Characteristics of Capped Collections

  1. Fixed Size: The size of the capped collection is predetermined. Once the size limit is reached, older documents are automatically removed.

  2. Preserves Insertion Order: Documents are stored in the order they were inserted, which makes it easy to retrieve documents based on insertion order.

  3. High Throughput: Capped collections are optimized for high-speed read and write operations.

  4. No Updates That Increase Size: You can update documents in a capped collection, but updates that increase the document size are not allowed, as this would violate the fixed size constraint.

  5. No Deletes: While you can't remove individual documents, you can still empty the entire collection or remove it.

Creating a Capped Collection

You can create a capped collection using the createCollection method with the capped and size options:

db.createCollection("myCappedCollection", { capped: true, size: 100000 })

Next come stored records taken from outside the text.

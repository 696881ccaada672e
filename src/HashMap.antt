-- ===== src/HashMap.antt =====
-- `std::collections::HashMap`, as a list of entries. The order in which the entries are visited,
-- which Rust leaves open, is that of the list.
use swift_ssh.Prelude.{
  ℕ, suc, ◌≡◌, ◌≢◌, ◌↔◌, refl, Bool, true, Option, none, some, List, [], ◌∷◌, if◌then◌else◌,
  ◌==◌ as nat_eq, ==_iff, bytes_eq, bytes_eq_iff, arith,
}

-- What a key type brings: a test that tells its values apart.
pub record Key {ℓ} (K : Type ℓ) : Type ℓ where
  pub same_key : K → K → Bool
  pub same_key_iff : (j k : K) → (same_key j k ≡ true) ↔ (j ≡ k)

instance abbrev pub nat_key : Key ℕ
nat_key = record { same_key = nat_eq; same_key_iff = ==_iff }

instance abbrev pub bytes_key : Key (List ℕ)
bytes_key = record { same_key = bytes_eq; same_key_iff = bytes_eq_iff }

abbrev pub HashMap {ℓ κ} : Type ℓ → Type κ → Type (ℓ ⊔ κ)
HashMap K V = List (K × V)

module _ {ℓ κ} {K : Type ℓ} {V : Type κ} where
  -- `values().find(p)`
  unfoldable pub find_value : (V → Bool) → HashMap K V → Option V
  find_value p [] = none
  find_value p ((j, w) ∷ m) = if p w then some w else find_value p m

  -- `values().filter(p).count()`
  unfoldable pub count_values : (V → Bool) → HashMap K V → ℕ
  count_values p [] = 0
  count_values p ((j, w) ∷ m) = if p w then suc (count_values p m) else count_values p m

module _ {ℓ κ} {K : Type ℓ} {V : Type κ} ⦃e : Key K⦄ where
  unfoldable pub get : K → HashMap K V → Option V
  get k [] = none
  get k ((j, v) ∷ m) = if e.same_key k j then some v else get k m

  -- a value replaced in place (also what is written through `get_mut`), or a new entry
  unfoldable pub insert : K → V → HashMap K V → HashMap K V
  insert k v [] = (k, v) ∷ []
  insert k v ((j, w) ∷ m) = if e.same_key k j then (j, v) ∷ m else (j, w) ∷ insert k v m

  unfoldable pub remove : K → HashMap K V → HashMap K V
  remove k [] = []
  remove k ((j, w) ∷ m) = if e.same_key k j then remove k m else (j, w) ∷ remove k m

  pub get-insert :
      (k j : K) (v : V) (m : HashMap K V)
      → get j (insert k v m) ≡ (if e.same_key j k then some v else get j m)
  unfolding get insert
  get-insert k j v [] = refl
  get-insert k j v ((i, w) ∷ m) =
      ground (arith, e.same_key_iff k i, e.same_key_iff j k, e.same_key_iff j i, get-insert k j v m)

  pub get-remove :
      (k j : K) (m : HashMap K V) → get j (remove k m) ≡ (if e.same_key j k then none else get j m)
  unfolding get remove
  get-remove k j [] = ground arith
  get-remove k j ((i, w) ∷ m) =
      ground (arith, e.same_key_iff k i, e.same_key_iff j k, e.same_key_iff j i, get-remove k j m)

  pub get-insert_self : (k : K) (v : V) (m : HashMap K V) → get k (insert k v m) ≡ some v
  get-insert_self k v m = ground (arith, get-insert k k v m, e.same_key_iff k k)

  pub get-insert_ne : (k j : K) (v : V) (m : HashMap K V) → j ≢ k → get j (insert k v m) ≡ get j m
  get-insert_ne k j v m h = ground (arith, get-insert k j v m, e.same_key_iff j k)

Here, size is the maximum size in bytes for the capped collection.

Converting a Regular Collection to Capped

You can convert an existing collection to a capped collection using the convertToCapped command:

db.runCommand({ convertToCapped: 'myCollection', size: 100000 })

Querying a Capped Collection

Querying a capped collection is the same as querying a regular collection. However, you can take advantage of the natural order in which documents are stored:

db.myCappedCollection.find().sort({ $natural: -1 })

This query retrieves the most recently inserted documents first.

Use Cases

  1. Logging: Store log entries and automatically remove the oldest when the collection fills up.

  2. Real-time Analytics: Use for real-time metrics where only the most recent data is relevant.

  3. Caching: Store frequently accessed data up to a certain limit.

Considerations

  • No Indexes: By default, capped collections only have an index on the _id field. You can add additional indexes, but remember that indexes consume space, which is limited in a capped collection.

  • No Sharding: Capped collections cannot be sharded, which means they are not suitable for horizontal scaling.